- _EXERCISE OBJECTIVE_: In the material below, find every line with "self" and pull it out.

══════════

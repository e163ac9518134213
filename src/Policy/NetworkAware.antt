-- ===== src/Policy/NetworkAware.antt =====
-- src/policy/network_aware.rs. The differences of `i128` wrap, as in a release build.
use kvflow_sim.Base.{ℕ, ◌/◌, Bool, List, [], ◌∷◌, map, Option, none, some, if◌then◌else◌, ltb, leb}
use kvflow_sim.Base.Int.{ℤ, pos, ltb_ℤ, sub_i128, i128_max}
use kvflow_sim.Base.Sort.{sort}
use kvflow_sim.Error.{Result, ok, err, invalid_model_profile, no_space_in_any_tier}
use kvflow_sim.Cache.Tier.{TierKind}
use kvflow_sim.Cache.Object.{CacheLocation}
use kvflow_sim.Cache.State.{CacheState, HashOrder, available_space, capacity}
use kvflow_sim.Cluster.Topology.{ClusterTopology, node}
use kvflow_sim.Model.Compute.{ComputeModel}
use kvflow_sim.Transfer.Path.{
  TransferPath, local_cpu_to_gpu, remote_memory_to_gpu, remote_ssd_to_gpu,
}
use kvflow_sim.Policy.Placement.{PlaceRequest, Placed, EvictedKv, store_at}
use kvflow_sim.Policy.Evict.{evict_lru}
use kvflow_sim.Policy.LocalGpuLru.{first_gpu_of}
use kvflow_sim.Policy.CpuOffloadLru.{on_gpu}

pub record NetworkAwarePlacement : Type 0 where
  pub target_node : ℕ

-- `.map(|d| d as i128).unwrap_or(i128::MAX)`.
abbrev pub cost_of : Result ℕ → ℕ
cost_of (ok d) = d
cost_of (err _) = i128_max

-- The scoring uses nothing of a transfer model but `estimate_duration`.
abbrev pub fetch_cost : TierKind → ℕ → (TransferPath → ℕ → Result ℕ) → ℕ
fetch_cost TierKind.gpu bytes estimate_duration = 0
fetch_cost TierKind.cpu bytes estimate_duration = cost_of (estimate_duration local_cpu_to_gpu bytes)
fetch_cost TierKind.remote_memory bytes estimate_duration =
    cost_of (estimate_duration remote_memory_to_gpu bytes)
fetch_cost TierKind.remote_ssd bytes estimate_duration =
    cost_of (estimate_duration remote_ssd_to_gpu bytes)
fetch_cost TierKind.local_ssd bytes estimate_duration = i128_max

abbrev pub pressure_penalty : TierKind → ℕ → ℕ
pressure_penalty TierKind.gpu bytes = 0
pressure_penalty TierKind.cpu bytes = bytes / 100
pressure_penalty TierKind.remote_memory bytes = bytes / 10
pressure_penalty _ bytes = bytes

unfoldable pub utility_for_tier :
    TierKind → ℕ → ℕ → ComputeModel → (TransferPath → ℕ → Result ℕ) → ℤ
utility_for_tier tier bytes prefix_tokens compute estimate_duration =
    sub_i128
      (sub_i128 (pos (compute.prefill_time_ns prefix_tokens))
        (pos (fetch_cost tier bytes estimate_duration)))
      (pos (pressure_penalty tier bytes))

abbrev pub location_for : ℕ → TierKind → ClusterTopology → Option CacheLocation
location_for target_node TierKind.gpu cluster =
    on_gpu target_node (first_gpu_of (node cluster target_node))
location_for target_node TierKind.cpu cluster = some (CacheLocation.cpu target_node)
location_for target_node TierKind.remote_memory cluster =
    some (CacheLocation.remote_memory target_node)
location_for target_node TierKind.remote_ssd cluster = some (CacheLocation.remote_ssd target_node)
location_for target_node TierKind.local_ssd cluster = none

abbrev pub candidates : List TierKind
candidates = TierKind.gpu ∷ TierKind.cpu ∷ TierKind.remote_memory ∷ TierKind.remote_ssd ∷ []

-- Highest utility first; ties keep the order.
abbrev pub better : TierKind × ℤ → TierKind × ℤ → Bool
better a b = ltb_ℤ b.1 a.1

unfoldable pub scored : ℕ → ℕ → ComputeModel → (TransferPath → ℕ → Result ℕ) → List (TierKind × ℤ)
unfolding utility_for_tier sort
scored bytes prefix_tokens compute estimate_duration = sort better (
    map (λ tier. (tier, utility_for_tier tier bytes prefix_tokens compute estimate_duration))
      candidates)

module _ (self : NetworkAwarePlacement) (order : HashOrder) (cluster : ClusterTopology)
    (r : PlaceRequest) where
  open self use {target_node}

  -- One tier behind its eviction, with what is tried next.
  unfoldable pub settle :
      TierKind
      → CacheLocation
      → CacheState × List EvictedKv
      → (CacheState → List EvictedKv → Placed)
      → Placed
  settle tier loc (c, evicted) next =
      if leb r.bytes (available_space c target_node tier)
      then store_at c r loc evicted
      else next c evicted

  unfoldable pub try_tier :
      TierKind
      → Option CacheLocation
      → (CacheState → List EvictedKv → Placed)
      → CacheState
      → List EvictedKv
      → Placed
  unfolding settle
  try_tier tier none next c evicted = next c evicted
  try_tier tier (some loc) next c evicted =
      if ltb (capacity c target_node tier) r.bytes
      then next c evicted
      else settle tier loc (evict_lru order target_node tier r.bytes c evicted) next

  -- The loop over the scored tiers.
  unfoldable pub try_tiers : List (TierKind × ℤ) → CacheState → List EvictedKv → Placed
  unfolding try_tier
  try_tiers [] c evicted =
      (c, err (invalid_model_profile (no_space_in_any_tier target_node r.bytes)))
  try_tiers ((tier, _) ∷ l) c evicted =
      try_tier tier (location_for target_node tier cluster) (try_tiers l) c evicted

  unfoldable pub place : ComputeModel → (TransferPath → ℕ → Result ℕ) → CacheState → Placed
  unfolding try_tiers scored
  place compute estimate_duration c =
      try_tiers (scored r.bytes r.prefix_tokens compute estimate_duration) c []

══════════

- _ANSWER BOX_:
module _ (self : NetworkAwarePlacement) (order : HashOrder) (cluster : ClusterTopology)
  open self use {target_node}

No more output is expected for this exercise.